La Corte d’Appello di Trento ha sancito a chiare lettere come, nel nostro ordinamento. non vi sia un modello di genitorialità esclusivamente fondato sul legame biologico fra il genitore e il nato, ma,  all’opposto, come debba essere considerata l’importanza assunta a livello normativo dal concetto di responsabilità genitoriale che si manifesta nella consapevole decisione di allevare ed accudire il nato; la favorevole considerazione da parte dell’ordinamento al progetto di formazione di una famiglia caratterizzata dalla presenza di figli anche indipendentemente dal dato genetico, con la regolamentazione dell’istituto dell’adozione; la possibile assenza di relazione biologica con uno dei genitori (nella specie il padre) per i figli nati da tecniche di fecondazione eterologa consentite.

Il mancato riconoscimento dell’efficacia nell’ordinamento italiano del provvedimento emesso da un giudice straniero – che ha riconosciuto e accertato l’esistenza di una relazione di genitorialità tra due minori e il padre non biologico – determinerebbe, infatti, un evidente pregiudizio per i minori che non si vedrebbero riconosciuti in Italia tutti i diritti che conseguono allo status di filiazione.

Pertanto, la rilevazione dell’utilizzo di una pratica di fecondazione non ritenuta lecita nel nostro ordinamento ( quale, appunto, quella dell’utero in affitto) non può determinare la negazione del riconoscimento ai minori dello status di filiationis legittimamente acquisito all’estero.

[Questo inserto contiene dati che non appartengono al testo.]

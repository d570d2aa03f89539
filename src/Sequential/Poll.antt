-- ===== src/Sequential/Poll.antt =====
-- One poll of a script's code.
use native.Mathlib.Numerals.{add-one}
use durabletask_rs.Prelude.{
  ℕ, suc, ◌<◌, ◌≡◌, refl, ◌∙◌, String, Option, none, some, List, [], ◌∷◌, ◌++◌, arith, length,
  get_or, set, get_or-append_last, set-append_last, nat_beq, false,
}
use durabletask_rs.Prelude.Int.{pos, i32_max, i32_succ}
use durabletask_rs.Prelude.Outcome.{returns}
use durabletask_rs.Oneshot.{value}
use durabletask_rs.Task.{CompletableTask, ready, pending, poll_task}
use durabletask_rs.Types.Context.{
  Events, Host, OrchestratorContext, World, send_request, create_timer, schedule_activity,
  schedule_sub_orchestrator,
}
use durabletask_rs.Types.Async.{Async, suspended, await_task, poll_async}
use durabletask_rs.Types.Function.{OrchestratorResult}
use durabletask_rs.Sequential.{
  Request, activity, sub_orchestrator, timer, start_request, request_action,
}

-- Below `i32::MAX` a number has a successor.
pub i32_succ_below : (n : ℕ) → n < i32_max → i32_succ (pos n) ≡ pos (suc n)
unfolding i32_succ
i32_succ_below n h = let below : nat_beq n i32_max ≡ false = ground arith in rw (below, add-one n)

-- The task that waits on the channel `i`.
abbrev pub task_on : ℕ → CompletableTask
task_on i = record { completed = false; result = none; unblock_rx = some i }

module _ {Chan : Type 0} (host : Host Chan) where
  abbrev pub fresh : Chan
  fresh = host.oneshot.channel

  -- A task on a channel to which nothing was sent is not ready, and the poll changes nothing.
  pub poll_task-fresh :
      (channels : List Chan)
      → poll_task host.oneshot (task_on (length channels)) (channels ++ fresh ∷ [])
        ≡ returns (pending, task_on (length channels), channels ++ fresh ∷ [])
  unfolding poll_task
  poll_task-fresh channels = rw (
    get_or-append_last channels fresh fresh,
    host.oneshot.poll-channel,
    set-append_last channels fresh fresh,
  )

  -- A task whose result was sent is ready.
  pub poll_task_sent :
      (channels : List Chan) (i : ℕ) (c : Chan) (r : String)
      → get_or channels i fresh ≡ c
      → (host.oneshot.poll_recv c).0 ≡ value (some r)
      → poll_task host.oneshot (task_on i) channels
        ≡ returns (ready r, task_on i, set channels i (host.oneshot.poll_recv c).1)
  unfolding poll_task
  poll_task_sent channels i c r at v = rw at (rw v)

  pub poll_start :
      {A : Type 0} (q : Request) (k : CompletableTask → Async A) (w : World Chan)
      → poll_async host (start_request q k) w ≡ (
          let (task, w') = send_request host (request_action host.clock q) w in
          poll_async host (k task) w')
  unfolding poll_async create_timer schedule_activity schedule_sub_orchestrator
  poll_start (activity name input) k w = refl
  poll_start (sub_orchestrator name id input) k w = refl
  poll_start (timer millis) k w = refl

  module _ (id : String) (input : Option String) (received : Events) where
    -- A context with no request to take, and the world around it.
    abbrev pub idle : ℕ → List ℕ → OrchestratorContext
    idle n held = record {
      instance_id = id;
      input = input;
      sequence_number = pos n;
      actions_tx = [];
      tasks_tx = [];
      events_tx = [];
      held = held;
    }

    abbrev pub idle_world : ℕ → List ℕ → List Chan → World Chan
    idle_world n held channels = record {
      octx = idle n held;
      received_events = received;
      channels = channels;
    }

    -- The same after a request.
    abbrev pub asked : Request → ℕ → List ℕ → List Chan → OrchestratorContext
    asked q n held channels = record (idle (suc n) held) {
      actions_tx = (pos (suc n), request_action host.clock q (pos (suc n))) ∷ [];
      tasks_tx = (pos (suc n), length channels) ∷ [];
      held = length channels ∷ held;
    }

    -- Code at a request whose task it awaits: the request is sent under the next number, and the
    -- code waits.
    pub poll_ask :
        (q : Request) (k : String → Async (OrchestratorResult String)) (n : ℕ) (held : List ℕ)
        (channels : List Chan)
        → n < i32_max
        → poll_async host (start_request q (λ task. await_task task k)) (idle_world n held channels)
          ≡ returns (
            suspended (await_task (task_on (length channels)) k),
            record {
              octx = asked q n held channels;
              received_events = received;
              channels = channels ++ fresh ∷ [];
            },
          )
    unfolding send_request poll_async
    poll_ask q k n held channels h =
        poll_start q _ (idle_world n held channels)
        ∙ rw (i32_succ_below n h, poll_task-fresh channels)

Si tratta di una pronuncia di assoluta rilevanza, in quanto per la prima volta un giudice di merito applica, in una coppia di due padri, i principi enunciati dalla Cassazione, con la sentenza n. 19599/2016, in tema di trascrizione dell’atto di nascita straniero recante l’indicazione di due genitori dello stesso sesso.

In particolare:

  1. a) in merito al giudizio di compatibilità tra il provvedimento straniero e l’ordine pubblico, la necessità di far riferimento a un concetto di ordine pubblico dai contorni larghi, al fine di valutare non già se il provvedimento straniero applichi una disciplina della materia corrispondente a quella italiana, bensì piuttosto se esso appaia conforme alle esigenze di tutela dei diritti fondamentali dell’uomo (in questo caso, del minore) come garantiti dalla Costituzione italiana e dai principali documenti internazionali in materia;
  2. b) l’esigenza di salvaguardare il diritto del minore alla continuità dello status filiationis nei confronti di entrambi i genitori, il cui mancato riconoscimento non solo determinerebbe un grave pregiudizio per i minori, ma li priverebbe di un fondamentale elemento della loro identità familiare, così come acquisita e riconosciuta nello Stato estero in cui l’atto di nascita è stato formato;
  3. c) l’assoluta indifferenza delle tecniche di procreazione cui si sia fatto ricorso all’estero, rispetto al diritto del minore al riconoscimento dello status filiationis nei confronti di entrambi i genitori che lo abbiano portato al mondo, nell’ambito di un progetto di genitorialità condivisa.